USPS is getting out of hand on their shipping too. Especially with the balloon charge.

IF you ship something that is 15 lbs or less, the cost goes up according to dimension.
You can ship 16 pounds cheaper than 15 pounds


----------



## honeydreams (Aug 10, 2009)

so your telling me 20 lbs of medium foundation put in a flate rate box is not a good deal?


----------



## wolfpenfarm (Jan 13, 2009)

honeydreams said:


> so your telling me 20 lbs of medium foundation put in a flate rate box is not a good deal?


I never said that, i said that the USPS has a balloon rate for packages under 15 pounds. They charge a heck of a lot more for lighter packages than they do heavier packages. 

personally 20 pounds of foundation in a 12.95 flat rate is not a good deal. pack as much into that box as you possibly can.


----------



## Hambone (Mar 17, 2008)

Shipping is good money for companies. Not just bee supply companies. 

For giggles. Say a bee house ships 10 orders a day. 5 days a week. Say they mark up that shipping $10 on avg. Here is the math on that. 

$10 X 10 ='s $100

$100 x 5 days a week ='s $500

$500 x 52 weeks a year ='s $26,000.00 a year. 

If you want the freight at "cost" it's not hard. I mostly use Dadant. Have talked to others and they said they will do the same. 

The company I work for has a UPS acct #. They allow me to ship on that acct. I pay the company what it cost. You can also go to UPS/Fedex sites and prepay the freight and send the bee houses the lable to ship on via email or print and fax the lable. For larger freight use places like freightquote.com


----------



## clarkfarm (Apr 13, 2009)

Hambone -

When you send a prepaid label to Dadant, how much "handling" are you charged by Dadant for the box and so forth?


----------



## devdog108 (May 7, 2009)

I have my own UPS account as well. I would be curious of the "handling costs" as well. that is the one and only reason i do not buy from Kelley......they are the highest i have found!


----------



## Hambone (Mar 17, 2008)

clarkfarm said:


> Hambone -
> 
> When you send a prepaid label to Dadant, how much "handling" are you charged by Dadant for the box and so forth?


I went back and look through my old Dadant invoices. They have never charged me a handling fee when shipping on my acct.


----------



## Brooklyn (Nov 14, 2009)

I am a Rep. for a holistic pet food company and we ship all around the country.
Qualitypetfoodonline.com and we do not charge any were near what these bee company's charge.

This is an Example 79 # of pet products shipped from Palm City FL. to Lexington SC. UPS three day ship time. Cost, are you sitting down $ 7.95 S&H that is shipped in two boxes.

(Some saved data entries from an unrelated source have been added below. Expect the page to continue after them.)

-- ===== src/RegionSet.antt =====
-- src/common/basic_types.h, FileRegion, and src/common/file_region_set.cc: a set of file regions that
-- merges a new region with those that it touches. `regions_` is a std::set, so an ascending list.
pub mod Chain
pub mod Merge
pub mod Low
pub mod Insert
pub mod Canonical
pub mod Bytes
pub mod Tests
use hecios.OrderedSet.{set_insert, upper_bound, split_last}
use hecios.Prelude.{
  ℕ, ◌+◌, ◌-◌, Bool, List, [], ◌∷◌, ◌++◌, Option, none, some, if◌then◌else◌, ◌==◌, ltb, add_u64,
  sub_u64, max_i64, lt_i64, le_i64,
}

pub record FileRegion : Type 0 where
  pub offset : ℕ
  pub extent : ℕ

-- operator< for FileRegion.
unfoldable pub less : FileRegion → FileRegion → Bool
unfolding lt_i64
less lhs rhs =
    if lhs.offset == rhs.offset then ltb lhs.extent rhs.extent else lt_i64 lhs.offset rhs.offset

-- offset + extent, as an FSOffset.
unfoldable pub region_end : FileRegion → ℕ
unfolding add_u64
region_end r = add_u64 r.offset r.extent

-- The first block of `insert`: the new region, and the regions that stay, once the region before
-- it has been taken in if the two touch.
-- The order of the set is a parameter, since DirtyFileRegionSet has one of its own.
unfoldable pub merge_low :
    (FileRegion → FileRegion → Bool) → FileRegion → List FileRegion → FileRegion × List FileRegion
merge_low lt region regions =
    let (low, high) = upper_bound lt region regions in
    elim (split_last low) [
      | none ↦ (region, regions)
      | some (front, prev) ↦
          if le_i64 region.offset (region_end prev)
          then (
            record {
              offset = prev.offset;
              extent = sub_u64 (max_i64 (region_end region) (region_end prev)) prev.offset;
            },
            front ++ high,
          )
          else (region, regions)
    ]

-- The loop of `insert` over the regions that follow. `newRegionEnd` is set once, before it.
unfoldable pub merge_up : ℕ → FileRegion → List FileRegion → FileRegion × List FileRegion
merge_up new_end new [] = (new, [])
merge_up new_end new (x ∷ xs) =
    let rest =
      merge_up new_end (record new { extent = sub_u64 (max_i64 new_end (region_end x)) new.offset })
        xs in
    if le_i64 x.offset new_end then rest else (new, x ∷ xs)

-- The body of FileRegionSet::insert, and the function itself.
unfoldable pub insert_by :
    (FileRegion → FileRegion → Bool) → FileRegion → List FileRegion → List FileRegion
insert_by lt region regions =
    let (new, left) = merge_low lt region regions in
    let (low, high) = upper_bound lt region left in
    let (merged, rest) = merge_up (region_end new) new high in set_insert lt merged (low ++ rest)

unfoldable pub insert : FileRegion → List FileRegion → List FileRegion
unfolding insert_by
insert region regions = insert_by less region regions

-- FileRegionSet::numBytes.
unfoldable pub num_bytes_from : ℕ → List FileRegion → ℕ
num_bytes_from count [] = count
num_bytes_from count (x ∷ xs) = num_bytes_from (add_u64 count x.extent) xs

unfoldable pub num_bytes : List FileRegion → ℕ
unfolding num_bytes_from
num_bytes regions = num_bytes_from 0 regions

-- FileRegionSet::regionSpan.
unfoldable pub last_byte : FileRegion → List FileRegion → ℕ
last_byte x [] = region_end x
last_byte x (y ∷ ys) = last_byte y ys

unfoldable pub region_span : List FileRegion → ℕ
unfolding last_byte
region_span [] = 0
region_span (x ∷ xs) = sub_u64 (last_byte x xs) x.offset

So don't blame UPS or FEDX.:no: It is the company that rips people off. They should all make a profit off there products but stop nickle and dimming use on everything else. Be a stand up company and start telling the facts. 

Brooklyn


----------



## palmerbee1629 (Jun 16, 2009)

I am looking to buying pet food online(getting tired of driving to PetSmart Once a Month), but your link doesn't work can I get your website address? Are you factoring in Fuel Surcharges, Rural Delivery Surcharges, Commercial vs. Residential Surcharges all charged by UPS and FedEx? Is it UPS Three Day Select or just three days via ground. I got curious about this posting thread and when you punch in those parameters you provided into UPS online I get $52.89 using there quick quote calculate time and cost. $7.95 can't be the shipping cost. Your company must be eating some of the charges and factoring them into the product prices. For example if anyone think you are getting "free super saver shipping" from Amazon.com and not paying for that somewhere in your purchase I have a bridge in Brooklyn that has an attractive real estate price I can sell you.


----------



## wolfpenfarm (Jan 13, 2009)

Brooklyn said:


> I am a Rep. for a holistic pet food company and we ship all around the country.
> Qualitypetfoodonline.com and we do not charge any were near what these bee company's charge.
> 
> This is an Example 79 # of pet products shipped from Palm City FL. to Lexington SC. UPS three day ship time. Cost, are you sitting down $ 7.95 S&H that is shipped in two boxes.
> ...


Being that you are probably in zone 2 and lexington is in zone 2 that would account for cheaper rates but 7.95??? 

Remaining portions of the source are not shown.